The default rate of the S&P/Loan Syndications Trading Association Leveraged Loan Index is nearing 4% as large oil and gas companies California Resources Corp. and Seadrill Partners LLC collectively missed payments on nearly $5 billion of term loans this month, which sent the sector-level default rate to a record high.
The leveraged loan default by issuer count is 3.88%, a near 10-year high. By amount, the rate is currently at a five-year high of 3.70%.
Following these large defaults, the oil and gas sector default rate jumped to a record high of 31%, exceeding the previous February 2018 record of 27%.
California-based oil producer California Resources on July 15 filed for Chapter 11 protection in a bankruptcy court in Houston after it failed to make interest payments on its term loans and second-lien notes.
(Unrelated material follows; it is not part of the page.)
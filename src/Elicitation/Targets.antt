-- ===== src/Elicitation/Targets.antt =====
-- What the whole prompt of src/utils/destructive-elicitation.ts shows, target by target.
use b2_mcp.Json.{Json}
CEO Todd Stevens said the company had significantly reduced "the outsized debt burden we inherited from Occidental Petroleum Corp. at our December 2014 spin-off," which took place just as oil prices commenced a historic and prolonged period of decline.
Following a series of liability management exercises, the company ultimately needed to further reduce its debt burden through a Chapter 11 process given "today's unprecedented market conditions, including oversupply and reduced demand due to COVID-19." The company's bankruptcy plan calls for the elimination of more than $5 billion of its $6 billion debt load.
Seadrill Partners, meanwhile, was recently downgraded by S&P Global Ratings to SD, or selective default, from CCC and a negative outlook, after the company missed a $49 million interest payment due June 30 on its $2.6 billion term loan B due February 2021. The rating on the company's term loan B (L+600, 1% floor after a 2018 amendment) was dropped to D, from CCC, on account of the missed payment, prompting a default in the Index.
The rating agency said it does not believe the interest payment will be made during the 30-day grace period expiring on July 30 as the company has said it is negotiating an agreement with bondholders to capitalize the interest as a liquidity-enhancing move.
S&P Ratings notes that the oil drilling market has been "testing over the past few years," causing Seadrill's capital structure "to become unsustainable." The agency added that the recent drop in oil prices and the pandemic "greatly exacerbated the problem," saying it believes Seadrill is working to "preserve cash ahead of a potential wider debt restructuring."
Finally, with outsized defaults flushed out of the calculation, and a partial retracing of the weighted average bid of oil and gas loans from the March plunge in prices, the sector level distress ratio of performing loans — characterized by loans priced below 80 — has receded from its staggering March high of 82% to 25%.
Taking a step back from the leveraged loan market, the S&P Global Market Intelligence's probability of default model for the oil and gas industry, which includes companies that trade on major North American exchanges, shows that of the 15 oil and gas concerns with the highest probability of default scores, 13 saw their scores increase significantly since the beginning of the year, and analysts agree that companies both large and small are flashing warning signs.
Again, the Market Intelligence probability of default model looks at a set of oil and gas corporates separately from the S&P/LSTA Leveraged Loan Index. It is included in this analysis to give a broader view of corporate health in the oil and gas sector.